Stored data
┏━━

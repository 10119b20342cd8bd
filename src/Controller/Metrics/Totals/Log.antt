-- ===== src/Controller/Metrics/Totals/Log.antt =====
-- The promise of the store in internal/controller/metrics.go: a log of the samples that it receives, and
-- what comes of them.
use home_bench.Base.{
  ℕ, ◌+◌, ◌%◌, arith, ◌≡◌, refl, Bool, true, false, List, [], ◌∷◌, ◌++◌, nat_eq, if◌then◌else◌,
  length, ltb, Float64,
}
use home_bench.Protocol.Latency.{LatencySet, merge_set, word}
use home_bench.Protocol.Sample.{MetricSample, RunTotals}
use home_bench.Controller.Metrics.{in_capacity, add_totals}
use home_bench.Controller.Metrics.Events.{Event, begins, freezes, adds, receives, ticks}

-- Whether the store records, what is queued, and the samples applied since Begin.
pub record SampleLog (F : Type 0) : Type 0 where
  pub recording : Bool
  pub inbox : List (MetricSample F)
  pub applied : List (MetricSample F)

module _ {F : Type 0} where
  abbrev pub receive_log : List (MetricSample F) → SampleLog F → SampleLog F
  receive_log [] l = l
  receive_log (s ∷ rest) l = record l {
    inbox = rest;
    applied = if l.recording then l.applied ++ (s ∷ []) else l.applied;
  }

  abbrev pub log_step : Event F → SampleLog F → SampleLog F
  log_step begins l = record l { recording = true; applied = [] }
  log_step (freezes now) l = record l { recording = false }
  log_step (adds s) l =
      if ltb (length l.inbox) in_capacity then record l { inbox = l.inbox ++ (s ∷ []) } else l
  log_step (receives now cutoff_now) l = receive_log l.inbox l
  log_step (ticks now cutoff_now) l = l

  abbrev pub log_events : List (Event F) → SampleLog F → SampleLog F
  log_events [] l = l
  log_events (e ∷ es) l = log_events es (log_step e l)

  abbrev pub new_log : SampleLog F
  new_log = record { recording = false; inbox = []; applied = [] }

  -- The sum of a field over the samples.
  abbrev pub sum_of : (MetricSample F → ℕ) → List (MetricSample F) → ℕ
  sum_of field [] = 0
  sum_of field (s ∷ ss) = field s + sum_of field ss

  pub sum_of-append :
      (field : MetricSample F → ℕ) (ss : List (MetricSample F)) (s : MetricSample F)
      → sum_of field (ss ++ (s ∷ [])) ≡ sum_of field ss + field s
  sum_of-append field [] s = omega arith
  sum_of-append field (r ∷ ss) s = omega (arith, sum_of-append field ss s)

  -- The totals are the sums of the samples, field by field, as 64-bit numbers.
  abbrev pub IsSumOf : List (MetricSample F) → RunTotals → Type 0
  IsSumOf ss t =
      (t.created ≡ sum_of (λ s. s.create_ops) ss % word)
      × (t.deleted ≡ sum_of (λ s. s.delete_ops) ss % word)
      × (t.read_bytes ≡ sum_of (λ s. s.read_bytes) ss % word)
      × (t.write_bytes ≡ sum_of (λ s. s.write_bytes) ss % word)
      × (t.git_files ≡ sum_of (λ s. s.git_files) ss % word)
      × (t.untar_files ≡ sum_of (λ s. s.untar_files) ss % word)

  pub add_totals-IsSumOf :
      (ss : List (MetricSample F)) (s : MetricSample F) (t : RunTotals)
      → IsSumOf ss t
      → IsSumOf (ss ++ (s ∷ [])) (add_totals s t)
  unfolding add_totals
  add_totals-IsSumOf ss s t (c, d, r, w, g, u) = (
    omega (arith, c, sum_of-append (λ s. s.create_ops) ss s),
    omega (arith, d, sum_of-append (λ s. s.delete_ops) ss s),
    omega (arith, r, sum_of-append (λ s. s.read_bytes) ss s),
    omega (arith, w, sum_of-append (λ s. s.write_bytes) ss s),
    omega (arith, g, sum_of-append (λ s. s.git_files) ss s),
    omega (arith, u, sum_of-append (λ s. s.untar_files) ss s),
  )

  module _ ⦃f : Float64 F⦄ where
    abbrev pub merge_latencies : List (MetricSample F) → LatencySet F → LatencySet F
    merge_latencies [] l = l
    merge_latencies (s ∷ ss) l = merge_latencies ss (merge_set s.latencies l)

    pub merge_latencies-append :
        (ss : List (MetricSample F)) (s : MetricSample F) (l : LatencySet F)
        → merge_latencies (ss ++ (s ∷ [])) l ≡ merge_set s.latencies (merge_latencies ss l)
    merge_latencies-append [] s l = refl
    merge_latencies-append (r ∷ ss) s l = merge_latencies-append ss s (merge_set r.latencies l)
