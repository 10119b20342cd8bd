-- ===== src/Controller/Metrics/Totals.antt =====
-- The totals and the latencies of the store of internal/controller/metrics.go, against an abstract log of
-- the samples that were applied since Begin.
mod Log
unfoldable pub use Log.*
use home_bench.Base.{
  ℕ, zero, suc, ◌+◌, ◌-◌, ◌≡◌, refl, ap, ◌∙◌, inl, inr, Bool, true, false, not, List, [], ◌∷◌, ◌++◌,
  Option-cases, arith, nat_eq, if◌then◌else◌, if_elim, length, lookup, ltb, Float64,
}
use home_bench.Protocol.Latency.{LatencySet, new_latency_set, merge_set, clone_set}
use home_bench.Protocol.Sample.{MetricSample, RunTotals}
use home_bench.Controller.Metrics.{
  Slice, MetricsStore, in_capacity, credit_second, credit_loop, search_back, open_bucket,
  flush_closed, ensure_seconds_through, trim, tick, begin, freeze, enqueue, windows_of, second_of,
  slice_of, apply, receive, latencies_view, new_metrics_store, add_totals,
}
use home_bench.Controller.Metrics.Invariant.{Search-cases, credit_some, credit_patched, credit_open}
use home_bench.Controller.Metrics.Events.{
  Event, begins, freezes, adds, receives, ticks, step, run_events,
}

module _ {F : Type 0} where
  module _ ⦃f : Float64 F⦄ where
    -- The store stands for the log.
    pub record Refines (m : MetricsStore F) (l : SampleLog F) : Type 0 where
      pub recording : m.recording ≡ l.recording
      pub inbox : m.inbox ≡ l.inbox
      pub totals : IsSumOf l.applied m.totals
      pub latencies : m.latencies ≡ merge_latencies l.applied new_latency_set

    -- Two stores that differ in the history and the buckets at most.
    abbrev Alike : MetricsStore F → MetricsStore F → Type 0
    Alike m n =
        (n.recording ≡ m.recording)
        × (n.inbox ≡ m.inbox)
        × (n.totals ≡ m.totals)
        × (n.latencies ≡ m.latencies)

    credit_second-Alike :
        (sec : ℕ) (s : Slice F) (m : MetricsStore F) → Alike m (credit_second sec s m)
    unfolding open_bucket
    credit_second-Alike sec s m = elim (Option-cases (lookup sec m.buckets)) [
      | inr (b, q) ↦ rw (credit_some sec s m b q) (refl, refl, refl, refl)
      | inl n ↦ elim (Search-cases (search_back sec s m.history)) [
        | inl (l, q) ↦ rw (credit_patched sec s m l n q) (refl, refl, refl, refl)
        | inr q ↦ rw (credit_open sec s m n q) (refl, refl, refl, refl)
      ]
    ]

    credit_loop-Alike :
        (count i sec : ℕ) (s : Slice F) (m : MetricsStore F) → Alike m (credit_loop count i sec s m)
    unfolding credit_loop
    credit_loop-Alike zero i sec s m = (refl, refl, refl, refl)
    credit_loop-Alike (suc count) i sec s m =
        let (a, b, c, d) = credit_second-Alike (sec - i) s m in
        let (a', b', c', d') =
          credit_loop-Alike count (i + 1) sec s (credit_second (sec - i) s m) in
        (a' ∙ a, b' ∙ b, c' ∙ c, d' ∙ d)

    -- A sample that is applied to a recording store.
    applied-Refines :
        (sec cutoff_now : ℕ) (s : MetricSample F) (rest : List (MetricSample F))
        (m n : MetricsStore F) (l : SampleLog F)
        → l.recording ≡ true
        → Alike (record m { inbox = rest }) n
        → Refines m l
        → Refines
            (trim cutoff_now (
              flush_closed sec (record n {
                totals = add_totals s n.totals;
                latencies = merge_set s.latencies n.latencies;
              })))
            (receive_log (s ∷ rest) l)
    unfolding trim flush_closed
    applied-Refines sec cutoff_now s rest m n l r (a, b, c, d) v = record {
      recording = a ∙ v.recording;
      inbox = b;
      totals = rw (r, c) (add_totals-IsSumOf l.applied s m.totals v.totals);
      latencies =
          rw (r, merge_latencies-append l.applied s new_latency_set)
            (ap (λ k. merge_set s.latencies k) (d ∙ v.latencies));
    }

    -- A sample that is received while the store does not record.
    skipped-Refines :
        (s : MetricSample F) (rest : List (MetricSample F)) (m : MetricsStore F) (l : SampleLog F)
        → l.recording ≡ false
        → Refines m l
        → Refines (record m { inbox = rest }) (receive_log (s ∷ rest) l)
    skipped-Refines s rest m l r v = record {
      recording = v.recording;
      inbox = refl;
      totals = rw r v.totals;
      latencies = rw r v.latencies;
    }

    apply-Refines :
        (now cutoff_now : ℕ) (s : MetricSample F) (rest : List (MetricSample F))
        (m : MetricsStore F) (l : SampleLog F)
        → Refines m l
        → Refines (apply now cutoff_now s (record m { inbox = rest })) (receive_log (s ∷ rest) l)
    unfolding apply
    apply-Refines now cutoff_now s rest m l v =
        if_elim (λ (n : MetricsStore F). Refines n (receive_log (s ∷ rest) l)) (not m.recording)
          (λ h. skipped-Refines s rest m l (ground (arith, h, v.recording)) v)
          (λ h.
            applied-Refines (second_of now s) cutoff_now s rest m _ l
              (ground (arith, h, v.recording))
              (credit_loop-Alike (windows_of s) 0 (second_of now s) (slice_of s)
                (record m { inbox = rest }))
              v)

    receive-Refines :
        (now cutoff_now : ℕ) (m : MetricsStore F) (l : SampleLog F)
        → Refines m l
        → Refines (receive now cutoff_now m) (log_step (receives now cutoff_now) l)
    unfolding receive
    receive-Refines now cutoff_now m l v = first m.inbox l.inbox v.inbox
      where
        first :
            (i j : List (MetricSample F))
            → i ≡ j
            → Refines
                (elim i [ [] ↦ m | s ∷ rest ↦ apply now cutoff_now s (record m { inbox = rest }) ])
                (receive_log j l)
        first [] [] e = v
        first (s ∷ rest) j e = rw (← e) (apply-Refines now cutoff_now s rest m l v)
        first [] (s ∷ rest) e = ground (arith, e)

    ensure-Alike : (now : ℕ) (m : MetricsStore F) → Alike m (ensure_seconds_through now m)
    unfolding ensure_seconds_through
    ensure-Alike now m =
        if_elim (Alike m) (ltb now _) (λ _. (refl, refl, refl, refl))
          (λ _. (refl, refl, refl, refl))

    step-Refines :
        (e : Event F) (m : MetricsStore F) (l : SampleLog F)
        → Refines m l
        → Refines (step e m) (log_step e l)
    unfolding begin freeze enqueue tick flush_closed trim
    step-Refines begins m l v = record {
      recording = refl;
      inbox = v.inbox;
      totals = (refl, refl, refl, refl, refl, refl);
      latencies = refl;
    }
    step-Refines (freezes now) m l v = record {
      recording = refl;
      inbox = v.inbox;
      totals = v.totals;
      latencies = v.latencies;
    }
    step-Refines (adds s) m l v = rw (← v.inbox) (
        if_elim
          (λ (n : MetricsStore F). Refines n (log_step (adds s) (record l { inbox = m.inbox })))
          (ltb (length m.inbox) in_capacity)
          (λ h. rw h (record {
            recording = v.recording;
            inbox = refl;
            totals = v.totals;
            latencies = v.latencies;
          }))
          (λ h. rw h (record {
            recording = v.recording;
            inbox = refl;
            totals = v.totals;
            latencies = v.latencies;
          })))
    step-Refines (receives now cutoff_now) m l v = receive-Refines now cutoff_now m l v
    step-Refines (ticks now cutoff_now) m l v =
        if_elim (λ (n : MetricsStore F). Refines n l) m.recording
          (λ _.
            let (a, b, c, d) = ensure-Alike now m in
            record {
              recording = a ∙ v.recording;
              inbox = b ∙ v.inbox;
              totals = rw c (v.totals);
              latencies = d ∙ v.latencies;
            })
          (λ _. v)

    run-Refines :
        (es : List (Event F)) (m : MetricsStore F) (l : SampleLog F)
        → Refines m l
        → Refines (run_events es m) (log_events es l)
    run-Refines [] m l v = v
    run-Refines (e ∷ es) m l v = run-Refines es (step e m) (log_step e l) (step-Refines e m l v)

    new-Refines : Refines new_metrics_store new_log
    unfolding new_metrics_store
    new-Refines = record {
      recording = refl;
      inbox = refl;
      totals = (refl, refl, refl, refl, refl, refl);
      latencies = refl;
    }

    -- After any calls of a new store and turns of its loop, in any order, each of the totals is the sum of
    -- its field over the samples received while the store was recording, since the last Begin, as a 64-bit
    -- number, and the latencies
    -- that the UI reads are a copy of the merge of theirs in that order: whatever seconds they
    -- cover and whatever was flushed, patched or trimmed in between. The samples are received in
    -- the order of Add, and one that Add meets a full channel with is dropped.
    pub run_events-log_events :
        (es : List (Event F))
        → IsSumOf (log_events es new_log).applied (run_events es new_metrics_store).totals
          × (latencies_view (run_events es new_metrics_store)
              ≡ clone_set (merge_latencies (log_events es new_log).applied new_latency_set))
          × ((run_events es new_metrics_store).recording ≡ (log_events es new_log).recording)
          × ((run_events es new_metrics_store).inbox ≡ (log_events es new_log).inbox)
    unfolding latencies_view
    run_events-log_events es =
        let v = run-Refines es new_metrics_store new_log new-Refines in
        (v.totals, ap clone_set v.latencies, v.recording, v.inbox)
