-- ===== src/Controller/Metrics/Tests.antt =====
-- The metrics store (internal/controller/metrics.go) on concrete samples, with whole numbers for the
-- floating-point ones.
use home_bench.Base.{
  ℕ, ◌≡◌, ◌≤◌, ◌<◌, ◌++◌, true, refl, inl, inr, List, [], ◌∷◌, All, contains, lookup, insert,
  whole_floats, arith, nat_eq, codes,
}
use home_bench.Protocol.Latency.{new_latency_set, clone_set}
use home_bench.Protocol.Sample.{MetricSample}
use home_bench.Controller.Metrics.{
  MetricsStore, Slice, new_metrics_store, begin, enqueue, receive, tick, apply, credit_loop,
  credit_second, search_back, flush_closed, ensure_seconds_through, ensure_loop, next_second, trim,
  drop_before, windows_of, second_of, sort_due, point_of, zero_bucket, history_view, latencies_view,
}
use home_bench.Controller.Metrics.Order.{Ascending}
use home_bench.Controller.Metrics.Invariant.{secs}
use home_bench.Controller.Metrics.Events.{
  Event, begins, adds, receives, ticks, run_events, AllTimely, history-Ascending,
}
use home_bench.Controller.Metrics.Totals.{
  IsSumOf, merge_latencies, log_events, new_log, run_events-log_events,
}
use home_bench.Controller.Metrics.Late.{credit_late_lem}

abbrev sample_at : ℕ → ℕ → MetricSample ℕ
sample_at sec seconds = record {
  client_id = codes "c1";
  timestamp = sec;
  read_ops = 6;
  write_ops = 0;
  create_ops = 12;
  delete_ops = 0;
  read_bytes = 600;
  write_bytes = 0;
  git_files = 0;
  untar_files = 0;
  interval_sec = seconds;
  latencies = new_latency_set;
}

-- A sample of two seconds, a tick, and a sample of three seconds that credits two of the history.
abbrev timely_events : List (Event ℕ)
timely_events =
    begins
    ∷ adds (sample_at 200 2)
    ∷ receives 200 0
    ∷ ticks 201 0
    ∷ adds (sample_at 201 3)
    ∷ receives 201 0
    ∷ []

timely_events-AllTimely : AllTimely timely_events new_metrics_store
unfolding begin enqueue receive tick apply credit_loop credit_second search_back flush_closed
    ensure_seconds_through ensure_loop next_second trim drop_before windows_of second_of sort_due
    point_of zero_bucket new_metrics_store lookup insert contains
timely_events-AllTimely = (
  tt,
  (
    tt,
    (
      (λ _. (inr tt, (inr tt, tt))),
      (tt, (tt, ((λ _. (inr (omega arith, (omega arith, tt)), (inl refl, (inl refl, tt)))), tt))),
    ),
  ),
)

history-Ascending_example :
    Ascending (secs (history_view 201 (run_events timely_events new_metrics_store)))
history-Ascending_example = history-Ascending timely_events 201 timely_events-AllTimely

run_events-log_events_example :
    IsSumOf
      (log_events timely_events (new_log {F = ℕ})).applied
      (run_events timely_events new_metrics_store).totals
    × (latencies_view (run_events timely_events new_metrics_store)
        ≡ clone_set
            (merge_latencies (log_events timely_events (new_log {F = ℕ})).applied new_latency_set))
    × ((run_events timely_events new_metrics_store).recording
        ≡ (log_events timely_events (new_log {F = ℕ})).recording)
    × ((run_events timely_events new_metrics_store).inbox
        ≡ (log_events timely_events (new_log {F = ℕ})).inbox)
run_events-log_events_example = run_events-log_events timely_events

abbrev two_points : MetricsStore ℕ
two_points = record (new_metrics_store {F = ℕ}) {
  history = point_of (zero_bucket 100) ∷ point_of (zero_bucket 101) ∷ [];
  buckets = (102, zero_bucket 102) ∷ [];
}

abbrev one_slice : Slice ℕ
one_slice = record {
  read_ops = 1;
  write_ops = 0;
  create_ops = 0;
  delete_ops = 0;
  read_bytes = 10;
  write_bytes = 0;
}

two_points-early :
    All (λ e. 102 ≤ e.0) two_points.buckets
    × All (λ u. 99 < u) (secs two_points.history)
    × (contains 101 (secs two_points.history) ≡ true)
unfolding point_of zero_bucket contains
two_points-early = ((omega arith, tt), (omega arith, (omega arith, tt)), refl)

-- The second 101 stands in the history twice.
credit_late_lem_example :
    secs
      (flush_closed 102 (
        credit_second 101 one_slice
          (flush_closed 102 (credit_second 99 one_slice two_points)))).history
    ≡ secs two_points.history ++ (99 ∷ 101 ∷ [])
credit_late_lem_example =
    credit_late_lem 99 101 102 one_slice one_slice two_points two_points-early.0 two_points-early.1
      two_points-early.2 (omega arith)
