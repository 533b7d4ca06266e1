-- ===== src/Examples/Serving.antt =====
-- The cache service on concrete inputs: an L2 cache as an association list, an origin that knows
-- every key, and a list of the events that were published.
use distributed_caching_syst.Prelude.{
  nat_eq, ℕ, ◌+◌, ◌≡◌, refl, true, false, not, ◌⊎◌, Option, some, none, List, [], ◌∷◌, filter,
  length, if◌then◌else◌, ltb,
}
use distributed_caching_syst.Prelude.Int.{ℤ, pos, ◌+ℤ◌}
use distributed_caching_syst.GoMap.{lookup, insert, delete}
use distributed_caching_syst.GoString.{Bytes, codes, bytes_key}
use distributed_caching_syst.CacheManager.L1Cache.View.{view}
use distributed_caching_syst.CacheManager.Service
use distributed_caching_syst.CacheManager.Service.{
  Environment, Service, InvalidationEvent, RemoteRead, Metrics, GetResponse, SetRequest,
  InvalidateRequest, ttl_of, add_int64,
}
use distributed_caching_syst.CacheManager.Service.Events.{
  invalidate, event_of, handle_invalidate_event,
}
use distributed_caching_syst.CacheManager.Service.Effects.{
  names, handle-eq-invalidate, invalidate-filter, invalidate-publishes,
}
use distributed_caching_syst.CacheManager.Service.Reads.{get-set}
use distributed_caching_syst.CacheManager.Service.Stores.{get-stores}
use distributed_caching_syst.CacheManager.Service.Outcomes.{Answers, Fails, get_outcomes}
use distributed_caching_syst.Examples.Cache.{running, filled, filled-IsValid}

record World : Type 0 where
  l2 : List (Bytes × Bytes)
  events : List InvalidationEvent

abbrev found? : Option Bytes → RemoteRead
found? none = RemoteRead.absent
found? (some bytes) = RemoteRead.found bytes

abbrev world : Environment World Bytes
world = record {
  l2_get = λ key w. (found? (lookup key w.l2), w);
  l2_set = λ key bytes ttl w. (true, record w { l2 = insert key bytes w.l2 });
  l2_delete = λ key w. record w { l2 = delete key w.l2 };
  l2_delete_pattern = λ pattern w. w;
  fetch = λ key w. (some key, w);
  marshal_value = λ value. some value;
  marshal = λ entry. some entry.value;
  unmarshal = λ bytes.
      some (record { value = bytes; cached_at = pos 0; expires_at = pos 500; source = [] });
  publish = λ event w. record w { events = event ∷ w.events };
}

abbrev service : Service World
service = record {
  l1_cache = filled;
  l2_cache = false;
  origin_fetch = true;
  metrics = record {
    hits = 0;
    misses = 0;
    sets = 0;
    deletes = 0;
    evictions = 0;
    l2_hits = 0;
    l2_misses = 0;
    l2_errors = 0;
  };
  default_ttl = pos 100;
  l2_enabled = false;
  pending = [];
  outside = record { l2 = []; events = [] };
}

-- The i-th reading of the clock.
abbrev clock : ℕ → ℤ
clock i = pos (5 + i)

abbrev request : SetRequest
request = record { value = codes "7"; ttl = pos 0 }

abbrev drop_b : InvalidateRequest
drop_b = record { keys = codes "b" ∷ []; pattern = codes "z*" }

get-set_example :
    (r : GetResponse) × ((Service.get world clock
        (codes "k")
        (Service.set world clock (codes "k") request service).0).1
      ≡ some r)
    × (r.value ≡ codes "7")
    × (r.hit ≡ true)
    × (r.source ≡ codes "l1")
    × (r.expires_at ≡ some (clock 1 +ℤ ttl_of world (pos 0) service))
    × ((Service.get world clock
          (codes "k")
          (Service.set world clock (codes "k") request service).0).0.outside
        ≡ (Service.set world clock (codes "k") request service).0.outside)
unfolding ◌+ℤ◌
get-set_example =
    get-set world clock clock (codes "k") request service filled-IsValid refl refl refl

abbrev fetched : GetResponse
fetched = record {
  value = codes "k";
  hit = true;
  source = codes "origin";
  cached_at = some (pos 11);
  expires_at = some (pos 109);
}

get-stores_example :
    (expires_at : ℤ) × (lookup
        (codes "k")
        (view (Service.get world clock (codes "k") service).0.l1_cache)
      ≡ some (codes "k", expires_at))
unfolding running Service.get Service.get_missed Service.fetch_with_fallback Service.fetch_origin
    Service.store_fetched
get-stores_example = get-stores world clock (codes "k") service fetched filled-IsValid refl refl

get_outcomes_example :
    Answers service (Service.get world clock (codes "k") service)
    ⊎ Fails service (Service.get world clock (codes "k") service)
get_outcomes_example = get_outcomes world clock (codes "k") service refl

handle-eq-invalidate_example :
    (handle_invalidate_event (event_of world drop_b) service).l1_cache
    ≡ (invalidate world drop_b service).0.l1_cache
handle-eq-invalidate_example = handle-eq-invalidate world drop_b service

invalidate-filter_example :
    (view (invalidate world drop_b service).0.l1_cache
      ≡ filter (λ x. not (names (event_of world drop_b) x.0)) (view filled))
    × ((invalidate world drop_b service).1.invalidated
        ≡ length (filter (λ x. names (event_of world drop_b) x.0) (view filled)))
invalidate-filter_example = invalidate-filter world drop_b service filled-IsValid.linked

invalidate-publishes_example : (invalidate world drop_b service).0.outside ≡ (
    if ltb 0 (length (filter (λ x. names (event_of world drop_b) x.0) (view filled)))
    then world.publish (event_of world drop_b) service.outside
    else service.outside)
invalidate-publishes_example = invalidate-publishes world drop_b service filled-IsValid.linked refl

┗━━

THE PROBLEM ▸
Transcribe, word for word, the data above from its first line through the line with "(field : MetricSample", and include nothing else.

EXERCISE SOLUTION ▸
repository 10119b20342cd8bd
filename src/Controller/Metrics/Totals/Log.antt
-- ===== src/Controller/Metrics/Totals/Log.antt =====
-- The promise of the store in internal/controller/metrics.go: a log of the samples that it receives, and
-- what comes of them.
use home_bench.Base.{
  ℕ, ◌+◌, ◌%◌, arith, ◌≡◌, refl, Bool, true, false, List, [], ◌∷◌, ◌++◌, nat_eq, if◌then◌else◌,
  length, ltb, Float64,
}
use home_bench.Protocol.Latency.{LatencySet, merge_set, word}
use home_bench.Protocol.Sample.{MetricSample, RunTotals}
use home_bench.Controller.Metrics.{in_capacity, add_totals}
use home_bench.Controller.Metrics.Events.{Event, begins, freezes, adds, receives, ticks}

-- Whether the store records, what is queued, and the samples applied since Begin.
pub record SampleLog (F : Type 0) : Type 0 where
  pub recording : Bool
  pub inbox : List (MetricSample F)
  pub applied : List (MetricSample F)

module _ {F : Type 0} where
  abbrev pub receive_log : List (MetricSample F) → SampleLog F → SampleLog F
  receive_log [] l = l
  receive_log (s ∷ rest) l = record l {
    inbox = rest;
    applied = if l.recording then l.applied ++ (s ∷ []) else l.applied;
  }

  abbrev pub log_step : Event F → SampleLog F → SampleLog F
  log_step begins l = record l { recording = true; applied = [] }
  log_step (freezes now) l = record l { recording = false }
  log_step (adds s) l =
      if ltb (length l.inbox) in_capacity then record l { inbox = l.inbox ++ (s ∷ []) } else l
  log_step (receives now cutoff_now) l = receive_log l.inbox l
  log_step (ticks now cutoff_now) l = l

  abbrev pub log_events : List (Event F) → SampleLog F → SampleLog F
  log_events [] l = l
  log_events (e ∷ es) l = log_events es (log_step e l)

  abbrev pub new_log : SampleLog F
  new_log = record { recording = false; inbox = []; applied = [] }

  -- The sum of a field over the samples.
  abbrev pub sum_of : (MetricSample F → ℕ) → List (MetricSample F) → ℕ
  sum_of field [] = 0
  sum_of field (s ∷ ss) = field s + sum_of field ss

  pub sum_of-append :
      (field : MetricSample F → ℕ) (ss : List (MetricSample F)) (s : MetricSample F)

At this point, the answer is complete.